### [Exercise goal]
Your answer is the lines below, exactly, from the one that contains "network_watch ∷ [] else [])" through the one that contains "some (parts_of c))", both included.

Dataset entries
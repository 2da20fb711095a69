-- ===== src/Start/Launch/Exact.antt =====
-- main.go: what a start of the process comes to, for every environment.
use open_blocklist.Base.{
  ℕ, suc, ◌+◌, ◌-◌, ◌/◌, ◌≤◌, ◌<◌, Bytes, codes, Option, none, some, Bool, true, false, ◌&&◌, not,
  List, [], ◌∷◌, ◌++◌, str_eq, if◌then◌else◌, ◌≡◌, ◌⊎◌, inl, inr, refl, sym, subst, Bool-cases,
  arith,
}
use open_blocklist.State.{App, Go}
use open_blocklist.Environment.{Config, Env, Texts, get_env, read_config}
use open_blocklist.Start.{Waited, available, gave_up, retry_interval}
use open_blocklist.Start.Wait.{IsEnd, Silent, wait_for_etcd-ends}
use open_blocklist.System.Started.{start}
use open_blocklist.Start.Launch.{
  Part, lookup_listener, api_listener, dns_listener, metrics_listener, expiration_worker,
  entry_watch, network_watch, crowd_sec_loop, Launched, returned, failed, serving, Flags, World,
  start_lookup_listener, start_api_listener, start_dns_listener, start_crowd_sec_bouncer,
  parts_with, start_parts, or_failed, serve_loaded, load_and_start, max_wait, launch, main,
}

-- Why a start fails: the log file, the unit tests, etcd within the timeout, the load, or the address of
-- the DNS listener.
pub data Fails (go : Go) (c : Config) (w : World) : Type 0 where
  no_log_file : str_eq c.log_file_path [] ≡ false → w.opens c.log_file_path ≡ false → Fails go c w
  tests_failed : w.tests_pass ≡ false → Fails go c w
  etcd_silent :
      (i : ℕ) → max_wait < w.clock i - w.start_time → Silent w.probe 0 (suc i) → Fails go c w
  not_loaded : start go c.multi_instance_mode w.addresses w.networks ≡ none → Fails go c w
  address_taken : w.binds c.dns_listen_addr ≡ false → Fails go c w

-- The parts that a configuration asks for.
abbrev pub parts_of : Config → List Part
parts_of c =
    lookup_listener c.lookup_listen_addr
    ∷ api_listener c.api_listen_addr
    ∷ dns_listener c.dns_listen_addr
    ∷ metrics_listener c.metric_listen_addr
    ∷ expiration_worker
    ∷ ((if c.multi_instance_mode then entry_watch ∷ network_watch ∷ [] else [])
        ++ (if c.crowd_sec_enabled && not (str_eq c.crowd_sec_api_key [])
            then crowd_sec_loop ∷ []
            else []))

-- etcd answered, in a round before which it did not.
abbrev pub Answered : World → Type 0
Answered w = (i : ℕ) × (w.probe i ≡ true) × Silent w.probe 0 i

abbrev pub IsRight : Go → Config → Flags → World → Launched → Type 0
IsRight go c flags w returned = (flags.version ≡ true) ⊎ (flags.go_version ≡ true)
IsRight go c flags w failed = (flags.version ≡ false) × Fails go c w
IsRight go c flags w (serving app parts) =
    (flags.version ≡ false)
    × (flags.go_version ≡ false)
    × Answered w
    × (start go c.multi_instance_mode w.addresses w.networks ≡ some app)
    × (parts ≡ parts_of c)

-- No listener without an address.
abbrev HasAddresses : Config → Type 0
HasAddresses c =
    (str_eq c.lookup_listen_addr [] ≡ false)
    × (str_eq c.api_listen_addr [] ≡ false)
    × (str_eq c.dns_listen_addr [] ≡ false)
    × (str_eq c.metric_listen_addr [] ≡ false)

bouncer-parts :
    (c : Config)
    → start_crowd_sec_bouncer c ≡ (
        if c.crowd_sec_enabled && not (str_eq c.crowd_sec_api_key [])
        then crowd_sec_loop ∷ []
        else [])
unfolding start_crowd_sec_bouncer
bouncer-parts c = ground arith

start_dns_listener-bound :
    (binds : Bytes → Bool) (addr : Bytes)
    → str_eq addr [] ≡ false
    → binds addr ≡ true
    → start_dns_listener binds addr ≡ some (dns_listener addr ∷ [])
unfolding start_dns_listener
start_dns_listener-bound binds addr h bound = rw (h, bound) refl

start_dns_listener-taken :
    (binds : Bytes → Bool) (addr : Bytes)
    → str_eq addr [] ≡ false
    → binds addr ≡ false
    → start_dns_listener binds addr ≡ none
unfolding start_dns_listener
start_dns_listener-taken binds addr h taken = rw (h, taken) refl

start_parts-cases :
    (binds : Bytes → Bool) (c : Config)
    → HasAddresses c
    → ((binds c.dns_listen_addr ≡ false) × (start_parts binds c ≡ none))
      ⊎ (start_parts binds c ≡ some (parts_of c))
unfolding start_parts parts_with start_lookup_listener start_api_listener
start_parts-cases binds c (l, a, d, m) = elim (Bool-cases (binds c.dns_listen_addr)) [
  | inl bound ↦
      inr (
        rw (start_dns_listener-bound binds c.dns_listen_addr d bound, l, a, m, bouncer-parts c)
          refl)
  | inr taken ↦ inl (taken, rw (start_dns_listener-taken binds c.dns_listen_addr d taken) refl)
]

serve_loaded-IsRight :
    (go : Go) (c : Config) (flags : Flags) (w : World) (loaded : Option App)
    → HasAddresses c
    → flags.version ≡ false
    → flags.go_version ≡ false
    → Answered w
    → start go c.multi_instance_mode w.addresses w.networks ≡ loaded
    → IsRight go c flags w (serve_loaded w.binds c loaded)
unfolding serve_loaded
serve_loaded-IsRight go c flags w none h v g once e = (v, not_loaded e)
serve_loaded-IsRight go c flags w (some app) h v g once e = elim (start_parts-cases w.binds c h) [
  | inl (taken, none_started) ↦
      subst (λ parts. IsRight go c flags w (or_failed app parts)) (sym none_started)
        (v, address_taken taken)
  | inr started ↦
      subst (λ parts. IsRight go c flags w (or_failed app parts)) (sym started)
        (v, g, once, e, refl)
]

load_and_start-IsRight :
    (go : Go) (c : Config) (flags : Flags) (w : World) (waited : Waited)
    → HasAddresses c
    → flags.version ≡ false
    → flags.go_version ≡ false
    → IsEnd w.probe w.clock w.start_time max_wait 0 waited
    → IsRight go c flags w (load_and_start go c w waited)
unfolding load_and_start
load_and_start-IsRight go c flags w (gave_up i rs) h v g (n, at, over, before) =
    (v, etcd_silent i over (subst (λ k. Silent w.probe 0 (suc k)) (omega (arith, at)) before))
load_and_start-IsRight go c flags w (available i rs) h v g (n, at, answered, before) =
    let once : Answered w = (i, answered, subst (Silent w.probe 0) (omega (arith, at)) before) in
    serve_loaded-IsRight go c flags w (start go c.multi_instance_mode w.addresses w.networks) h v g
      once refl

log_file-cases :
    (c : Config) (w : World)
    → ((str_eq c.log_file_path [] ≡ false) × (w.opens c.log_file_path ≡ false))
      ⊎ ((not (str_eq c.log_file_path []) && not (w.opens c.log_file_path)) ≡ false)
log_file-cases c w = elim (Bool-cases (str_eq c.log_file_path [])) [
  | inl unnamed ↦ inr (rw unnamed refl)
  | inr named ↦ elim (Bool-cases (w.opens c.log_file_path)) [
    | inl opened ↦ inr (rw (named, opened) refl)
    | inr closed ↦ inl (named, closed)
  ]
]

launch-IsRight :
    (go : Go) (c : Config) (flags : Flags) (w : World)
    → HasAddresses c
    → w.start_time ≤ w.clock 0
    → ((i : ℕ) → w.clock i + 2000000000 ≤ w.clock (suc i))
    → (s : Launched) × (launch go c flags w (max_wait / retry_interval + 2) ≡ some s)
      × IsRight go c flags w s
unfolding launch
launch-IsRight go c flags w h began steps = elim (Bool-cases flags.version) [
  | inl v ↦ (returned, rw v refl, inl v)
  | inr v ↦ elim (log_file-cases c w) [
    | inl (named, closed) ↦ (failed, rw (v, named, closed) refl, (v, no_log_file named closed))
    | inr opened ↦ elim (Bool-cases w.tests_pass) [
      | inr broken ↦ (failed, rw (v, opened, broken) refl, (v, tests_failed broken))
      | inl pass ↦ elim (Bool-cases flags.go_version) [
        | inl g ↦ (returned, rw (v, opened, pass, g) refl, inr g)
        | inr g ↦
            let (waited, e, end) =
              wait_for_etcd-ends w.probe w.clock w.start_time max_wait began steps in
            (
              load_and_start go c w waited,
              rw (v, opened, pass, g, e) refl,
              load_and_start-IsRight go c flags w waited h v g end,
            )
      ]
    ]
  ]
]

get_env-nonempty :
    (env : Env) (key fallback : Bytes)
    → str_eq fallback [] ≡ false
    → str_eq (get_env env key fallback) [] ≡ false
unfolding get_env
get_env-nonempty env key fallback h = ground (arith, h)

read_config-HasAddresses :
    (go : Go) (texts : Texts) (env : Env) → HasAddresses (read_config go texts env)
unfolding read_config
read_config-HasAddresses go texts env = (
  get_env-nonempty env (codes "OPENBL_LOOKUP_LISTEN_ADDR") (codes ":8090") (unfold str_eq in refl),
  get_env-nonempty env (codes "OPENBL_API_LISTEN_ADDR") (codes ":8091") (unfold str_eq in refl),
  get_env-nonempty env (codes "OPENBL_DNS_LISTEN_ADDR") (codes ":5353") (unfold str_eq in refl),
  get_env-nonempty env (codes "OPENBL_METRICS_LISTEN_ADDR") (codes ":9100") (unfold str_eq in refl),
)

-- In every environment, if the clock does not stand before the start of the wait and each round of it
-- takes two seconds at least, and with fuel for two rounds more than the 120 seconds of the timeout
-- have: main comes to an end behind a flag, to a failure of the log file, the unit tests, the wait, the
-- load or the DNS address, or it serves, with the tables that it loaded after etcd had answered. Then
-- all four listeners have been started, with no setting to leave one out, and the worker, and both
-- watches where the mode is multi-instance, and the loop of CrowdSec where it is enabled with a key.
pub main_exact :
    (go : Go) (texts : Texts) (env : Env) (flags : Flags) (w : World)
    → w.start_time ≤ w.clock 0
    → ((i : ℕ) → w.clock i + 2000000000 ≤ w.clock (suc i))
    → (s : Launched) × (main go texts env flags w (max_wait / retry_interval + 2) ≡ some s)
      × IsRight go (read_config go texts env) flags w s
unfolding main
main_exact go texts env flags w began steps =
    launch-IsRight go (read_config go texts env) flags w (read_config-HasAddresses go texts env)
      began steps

### [Worked solution]
    ∷ ((if c.multi_instance_mode then entry_watch ∷ network_watch ∷ [] else [])
        ++ (if c.crowd_sec_enabled && not (str_eq c.crowd_sec_api_key [])
            then crowd_sec_loop ∷ []
            else []))

-- etcd answered, in a round before which it did not.
abbrev pub Answered : World → Type 0
Answered w = (i : ℕ) × (w.probe i ≡ true) × Silent w.probe 0 i

abbrev pub IsRight : Go → Config → Flags → World → Launched → Type 0
IsRight go c flags w returned = (flags.version ≡ true) ⊎ (flags.go_version ≡ true)
IsRight go c flags w failed = (flags.version ≡ false) × Fails go c w
IsRight go c flags w (serving app parts) =
    (flags.version ≡ false)
    × (flags.go_version ≡ false)
    × Answered w
    × (start go c.multi_instance_mode w.addresses w.networks ≡ some app)
    × (parts ≡ parts_of c)

-- No listener without an address.
abbrev HasAddresses : Config → Type 0
HasAddresses c =
    (str_eq c.lookup_listen_addr [] ≡ false)
    × (str_eq c.api_listen_addr [] ≡ false)
    × (str_eq c.dns_listen_addr [] ≡ false)
    × (str_eq c.metric_listen_addr [] ≡ false)

bouncer-parts :
    (c : Config)
    → start_crowd_sec_bouncer c ≡ (
        if c.crowd_sec_enabled && not (str_eq c.crowd_sec_api_key [])
        then crowd_sec_loop ∷ []
        else [])
unfolding start_crowd_sec_bouncer
bouncer-parts c = ground arith

start_dns_listener-bound :
    (binds : Bytes → Bool) (addr : Bytes)
    → str_eq addr [] ≡ false
    → binds addr ≡ true
    → start_dns_listener binds addr ≡ some (dns_listener addr ∷ [])
unfolding start_dns_listener
start_dns_listener-bound binds addr h bound = rw (h, bound) refl

start_dns_listener-taken :
    (binds : Bytes → Bool) (addr : Bytes)
    → str_eq addr [] ≡ false
    → binds addr ≡ false
    → start_dns_listener binds addr ≡ none
unfolding start_dns_listener
start_dns_listener-taken binds addr h taken = rw (h, taken) refl

start_parts-cases :
    (binds : Bytes → Bool) (c : Config)
    → HasAddresses c
    → ((binds c.dns_listen_addr ≡ false) × (start_parts binds c ≡ none))
      ⊎ (start_parts binds c ≡ some (parts_of c))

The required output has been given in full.